Ahora tenemos que llegar a la ciudad, en metro, autobús o tren. Nuestro primer contacto con el transporte público del lugar de destino puede resultar caótico e inquietante. Afortunadamente el turista medio es más inepto que nosotros, así que las instrucciones en rótulos y carteles suelen ser bastante asequibles. Tras callejear orientados por un mapa incompleto que traemos de casa conseguimos llegar al hotel. Generalmente con mostrar el pasaporte el recepcionista consigue toda la información necesaria, pero también se puede dar el caso en que los nombres españoles sean "demasiado complicados" y no consigan localizar nuestra reserva (1). Tras alcanzar hitos como aprender cómo funciona la llave-tarjeta de la habitación, la contraseña del wi-fi y tener controlada la hora del desayuno, comienzan nuestras verdaderas vacaciones.

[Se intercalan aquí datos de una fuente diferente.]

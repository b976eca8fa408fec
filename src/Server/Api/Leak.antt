-- ===== src/Server/Api/Leak.antt =====
-- What a request that fails leaves on the connection.
use sand_d.Prelude.{
  Bool-cases, ℕ, String, Option, List, true, false, some, ◌≡◌, refl, inl, inr, arith,
}
use sand_d.Prelude.Text.{append}
use sand_d.Prelude.Dict.{Dict, lookup, insert, lookup-insert_self}
use sand_d.Protocol.{Message, SnapshotInfo}
use sand_d.Server.Connection.{DaemonConnection, register_request, is_busy}
use sand_d.Server.Handler.Laws.{IsReachable}
use sand_d.Server.Api.{
  PyResult, raised, runtime_error, timeout_error, Controller, Awaited, timed_out, Wait,
  send_message, on_conn, request, exec, command_result, or_no_env,
}
use sand_d.Server.Api.Snapshots.{
  create_snapshot, restore_snapshot, list_snapshots, find_snapshot_by_tag, get_snapshot,
  delete_snapshot, created_result, restored_result, list_result, find_result, get_result,
  deleted_result,
}
use sand_d.Server.Api.EndToEnd.{find_conn-IsReachable, on_conn-IsReachable, request-sent}

-- The request is still pending on the connection that the daemon is reachable by, which is busy.
abbrev pub IsLeaked : (s : Controller) (id request_id : String) (arc tx : ℕ) → Type 0
IsLeaked s id request_id arc tx =
    (c : DaemonConnection) × IsReachable s.world id arc c
    × (lookup request_id c.pending_requests ≡ some tx)
    × (is_busy c ≡ true)

register_request-IsLeaked :
    (s : Controller) (id request_id : String) (tx : ℕ) {arc : ℕ} {c : DaemonConnection}
    → IsReachable s.world id arc c
    → IsLeaked (on_conn arc (register_request request_id tx) s) id request_id arc tx
unfolding register_request is_busy insert
register_request-IsLeaked s id request_id tx {arc} {c} reach = (
  register_request request_id tx c,
  on_conn-IsReachable (register_request request_id tx) s id reach,
  lookup-insert_self request_id tx c.pending_requests,
  refl,
)

send_message-shut :
    (c : DaemonConnection) (m : Message) (s : Controller)
    → s.is_closed c.request_tx ≡ true
    → send_message c m s ≡ (some "Daemon channel closed", s)
unfolding send_message
send_message-shut c m s shut = rw (send_message, shut) refl

request-refused {ℓ} :
    {A : Type ℓ} (id request_id : String) (tx secs : ℕ) (context : String) (m : Message)
    (finish : Awaited → PyResult A) (wait : Wait) (s : Controller) {arc : ℕ} {c : DaemonConnection}
    → IsReachable s.world id arc c
    → s.is_closed c.request_tx ≡ true
    → request id request_id tx secs context m finish wait s ≡ (
      raised (runtime_error (append context "Daemon channel closed")),
      on_conn arc (register_request request_id tx) s,
    )
unfolding request
request-refused id request_id tx secs context m finish wait s {arc} {c} reach shut =
    rw
      (
        request,
        find_conn-IsReachable s id reach,
        send_message-shut c m (on_conn arc (register_request request_id tx) s) shut,
      )
      refl

-- What a request yields that gets no response, or that cannot be sent, and that it is left pending.
request-IsLeaked {ℓ} :
    {A : Type ℓ} (id request_id : String) (tx secs : ℕ) (context : String) (m : Message)
    (finish : Awaited → PyResult A) (s : Controller) {arc : ℕ} {c : DaemonConnection}
    → IsReachable s.world id arc c
    → let (a, t) = request id request_id tx secs context m finish (λ _ u. (timed_out, u)) s in
      IsLeaked t id request_id arc tx
      × (s.is_closed c.request_tx ≡ false → a ≡ finish timed_out)
      × (s.is_closed c.request_tx ≡ true
          → a ≡ raised (runtime_error (append context "Daemon channel closed")))
request-IsLeaked id request_id tx secs context m finish s {arc} {c} reach =
    let (c', there, pending, busy) = register_request-IsLeaked s id request_id tx reach in
    elim (Bool-cases (s.is_closed c.request_tx)) [
      | inl shut ↦
          rw
            (request-refused id request_id tx secs context m finish (λ _ u. (timed_out, u)) s reach
              shut)
            ((c', there, pending, busy), λ o. absurd (ground (arith, shut)), λ _. refl)
      | inr opened ↦
          rw
            (request-sent id request_id tx secs context m finish (λ _ u. (timed_out, u)) s reach
              opened)
            (
              (c', record { entry = there.entry; found = there.found }, pending, busy),
              λ _. refl,
              λ o. absurd (ground (arith, opened)),
            )
    ]

-- No response comes in time, and nothing else happens meanwhile.
abbrev pub never : Wait
never secs s = (timed_out, s)

-- The request is leaked, and the method raises a TimeoutError if its message could be sent, and a
-- RuntimeError otherwise.
abbrev pub Leaks {ℓ} :
    {A : Type ℓ}
    → (Controller → PyResult A × Controller)
    → (s : Controller) (id request_id : String) (arc tx channel : ℕ) (late context : String)
    → Type ℓ
Leaks method s id request_id arc tx channel late context =
    let (a, t) = method s in
    IsLeaked t id request_id arc tx
    × (s.is_closed channel ≡ false → a ≡ raised (timeout_error late))
    × (s.is_closed channel ≡ true
        → a ≡ raised (runtime_error (append context "Daemon channel closed")))

-- Each method that waits for a response of a daemon, if no response comes in time, while nothing
-- else happens, raises its TimeoutError, and if its message cannot be sent, a RuntimeError; and both
-- times its request stays pending, so that the daemon counts as busy.
pub methods-IsLeaked {ℓ} :
    {PyObject : Type ℓ} (pythonize : SnapshotInfo → PyResult PyObject) (id own arg path : String)
    (timeout tx : ℕ) (vars : Option (Dict String)) (cwd message : Option String)
    (tags : Option (List String)) (s : Controller) {arc : ℕ} {c : DaemonConnection}
    → IsReachable s.world id arc c
    → let ch = c.request_tx in
      Leaks
        (exec id arg timeout vars cwd own tx never)
        s
        id
        own
        arc
        tx
        ch
        "Command execution timed out"
        "Failed to send command: "
      × Leaks
          (create_snapshot id path message tags own tx never)
          s
          id
          own
          arc
          tx
          ch
          "Snapshot creation timed out"
          "Failed to send snapshot request: "
      × Leaks
          (restore_snapshot id arg path own tx never)
          s
          id
          own
          arc
          tx
          ch
          "Restore timed out"
          "Failed to send restore request: "
      × Leaks
          (list_snapshots pythonize id tags own tx never)
          s
          id
          own
          arc
          tx
          ch
          "List timed out"
          "Failed to send list request: "
      × Leaks
          (find_snapshot_by_tag pythonize id arg own tx never)
          s
          id
          own
          arc
          tx
          ch
          "Find timed out"
          "Failed to send find request: "
      × Leaks
          (get_snapshot pythonize id arg own tx never)
          s
          id
          own
          arc
          tx
          ch
          "Get timed out"
          "Failed to send get request: "
      × Leaks
          (delete_snapshot id arg own tx never)
          s
          id
          own
          arc
          tx
          ch
          "Delete timed out"
          "Failed to send delete request: "
unfolding exec create_snapshot restore_snapshot list_snapshots find_snapshot_by_tag get_snapshot
    delete_snapshot command_result created_result restored_result list_result find_result get_result
    deleted_result
methods-IsLeaked pythonize id own arg path timeout tx vars cwd message tags s reach = (
  request-IsLeaked id own tx timeout "Failed to send command: "
      (Message.execute_command own arg timeout (or_no_env vars) cwd) command_result s reach,
  request-IsLeaked id own tx 300 "Failed to send snapshot request: "
      (Message.create_snapshot own path message tags) created_result s reach,
  request-IsLeaked id own tx 300 "Failed to send restore request: "
      (Message.restore_snapshot own arg path) restored_result s reach,
  request-IsLeaked id own tx 60 "Failed to send list request: " (Message.list_snapshots own tags)
      (list_result pythonize) s reach,
  request-IsLeaked id own tx 60 "Failed to send find request: "
      (Message.find_snapshot_by_tag own arg) (find_result pythonize) s reach,
  request-IsLeaked id own tx 60 "Failed to send get request: " (Message.get_snapshot own arg)
      (get_result pythonize) s reach,
  request-IsLeaked id own tx 60 "Failed to send delete request: " (Message.delete_snapshot own arg)
      deleted_result s reach,
)
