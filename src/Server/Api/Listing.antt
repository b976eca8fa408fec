-- ===== src/Server/Api/Listing.antt =====
-- `list_daemons` and the registry.
use sand_d.Prelude.{
  ℕ, String, Bool, Option, none, some, List, [], ◌∷◌, ◌≡◌, ◌↔◌, false, not, refl, sym, subst, ap,
  All, map, arith, eq_iff, Bool-cases, inl, inr,
}
use sand_d.Prelude.Dict.{Dict, lookup, keys, retain, NodupKeys}
use sand_d.Server.Connection.{DaemonConnection, is_busy, is_empty}
use sand_d.Server.Registry
use sand_d.Server.Registry.{DaemonRegistry, deref, list_all, holds, label_filter}
use sand_d.Server.Registry.Invariant.{IsWellFormed}
use sand_d.Server.Handler.Laws.{IsReachable}
use sand_d.Server.Api.{Controller}
use sand_d.Server.Api.EndToEnd.{find_conn-IsReachable}
use sand_d.Server.Api.Daemons.{PyDaemonInfo, daemon_info, list_from, list_daemons}

All-weaken :
    {P Q : String → Type 0} (ks : List String) → ((k : String) → P k → Q k) → All P ks → All Q ks
All-weaken [] f h = tt
All-weaken (k ∷ ks) f h = (f k h.0, All-weaken ks f h.1)

key_later :
    {V : Type 0} (j : String) (v : V) (m : Dict V) (k : String)
    → lookup j m ≡ none
    → (w : V) × (lookup k m ≡ some w)
    → (w : V) × (lookup k ((j, v) ∷ m) ≡ some w)
unfolding lookup
key_later j v m k n (w, h) = (w, ground (arith, eq_iff j k))

-- What `retain` keeps are keys of the map.
retain-keys :
    {V : Type 0} (p : String → V → Bool) (m : Dict V)
    → NodupKeys m
    → All (λ k. (v : V) × (lookup k m ≡ some v)) (keys (retain p m))
unfolding retain lookup
retain-keys p [] u = tt
retain-keys p ((j, v) ∷ m) (n, u) =
    let later = All-weaken (keys (retain p m)) (λ k h. key_later j v m k n h) (retain-keys p m u) in
    elim (Bool-cases (p j v)) [
      | inl k ↦ rw (retain, k) ((v, ground (arith, eq_iff j j)), later)
      | inr k ↦ rw (retain, k) later
    ]

not_empty_iff : (p : Dict ℕ) → (not (is_empty p) ≡ false) ↔ (p ≡ [])
not_empty_iff [] = (λ _. refl, λ _. refl)
not_empty_iff (r ∷ p) = (λ h. absurd (cc), λ h. absurd (cc))

is_busy_iff : (c : DaemonConnection) → (is_busy c ≡ false) ↔ (c.pending_requests ≡ [])
unfolding is_busy
is_busy_iff c = not_empty_iff c.pending_requests

-- What `list_daemons` says of a daemon is what its connection says, which can be reached by its id.
abbrev pub IsTrue : Controller → PyDaemonInfo → Type 0
IsTrue s info =
    (arc : ℕ) × (c : DaemonConnection) × IsReachable s.world info.id arc c
    × (info.id ≡ c.id)
    × (info.version ≡ c.metadata.version)
    × (info.labels ≡ c.metadata.labels)
    × ((info.is_busy ≡ false) ↔ (c.pending_requests ≡ []))

list_from-known :
    (ids : List String) (s : Controller)
    → IsWellFormed s.world.registry
    → All (λ id. (arc : ℕ) × (lookup id s.world.registry.connections ≡ some arc)) ids
    → (map (λ info. info.id) (list_from ids s) ≡ ids) × All (IsTrue s) (list_from ids s)
unfolding list_from daemon_info Registry.get
list_from-known [] s wf h = (refl, tt)
list_from-known (id ∷ ids) s wf ((arc, known), h) =
    let e = wf.entries id arc known in
    let (named, true_) = list_from-known ids s wf h in
    let reach : IsReachable s.world id arc e.conn = record { entry = known; found = e.found } in
    rw (list_from, find_conn-IsReachable s id reach)
      (
        rw e.named (ap (◌∷◌ id) named),
        (
          (
            arc,
            e.conn,
            subst (λ j. IsReachable s.world j arc e.conn) (sym e.named) reach,
            refl,
            refl,
            refl,
            is_busy_iff e.conn,
          ),
          true_,
        ),
      )

-- In a well-formed registry, `list_daemons` returns exactly the daemons that the registry lists for
-- the labels, in the same order, each with the id, the version and the labels of the connection that
-- is reached by that id, and busy exactly if requests are pending there.
pub list_daemons-list_all :
    (labels : Option (Dict String)) (s : Controller)
    → IsWellFormed s.world.registry
    → (map (λ info. info.id) (list_daemons labels s) ≡ list_all labels s.world.registry)
      × All (IsTrue s) (list_daemons labels s)
unfolding list_daemons list_all
list_daemons-list_all labels s wf = list_from-known (list_all labels s.world.registry) s wf (
    retain-keys
      (λ _ arc. holds (λ c. label_filter labels c.metadata.labels) (deref s.world.registry arc))
      s.world.registry.connections wf.distinct)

Sin embargo, todo paréntesis tiene que cerrarse. Desandando lo andado, el check-out puede resultar igual de imprevisible que el check-in. La amenaza de que te atribuyan injustamente el consumo de productos del minibar planea cual cóndor por los Andes. O de que descubran algún material fungible del cuarto de baño en tu maleta de manera clandestina -jabones y similares; espero que nadie siga "robando" toallas de los hoteles, es algo muy cutre...-. Nos queda el trayecto del hotel al aeropuerto, la trifulca con el empleado de la aerolínea en el mostrador de facturación con el agravante de, al estar presumiblemente en un país extranjero, tener que esgrimir como poderío armamentístico nuestro patético inglés, la búsqueda de la puerta de embarque, los insoportables compañeros de asiento en el avión, la recogida (o no) de nuestro equipaje en la llegada, el tren hacia el metro, el metro hacia casa...

Y una vez en casa, ya podemos descansar y disfrutar de nuestras merecidas vacaciones.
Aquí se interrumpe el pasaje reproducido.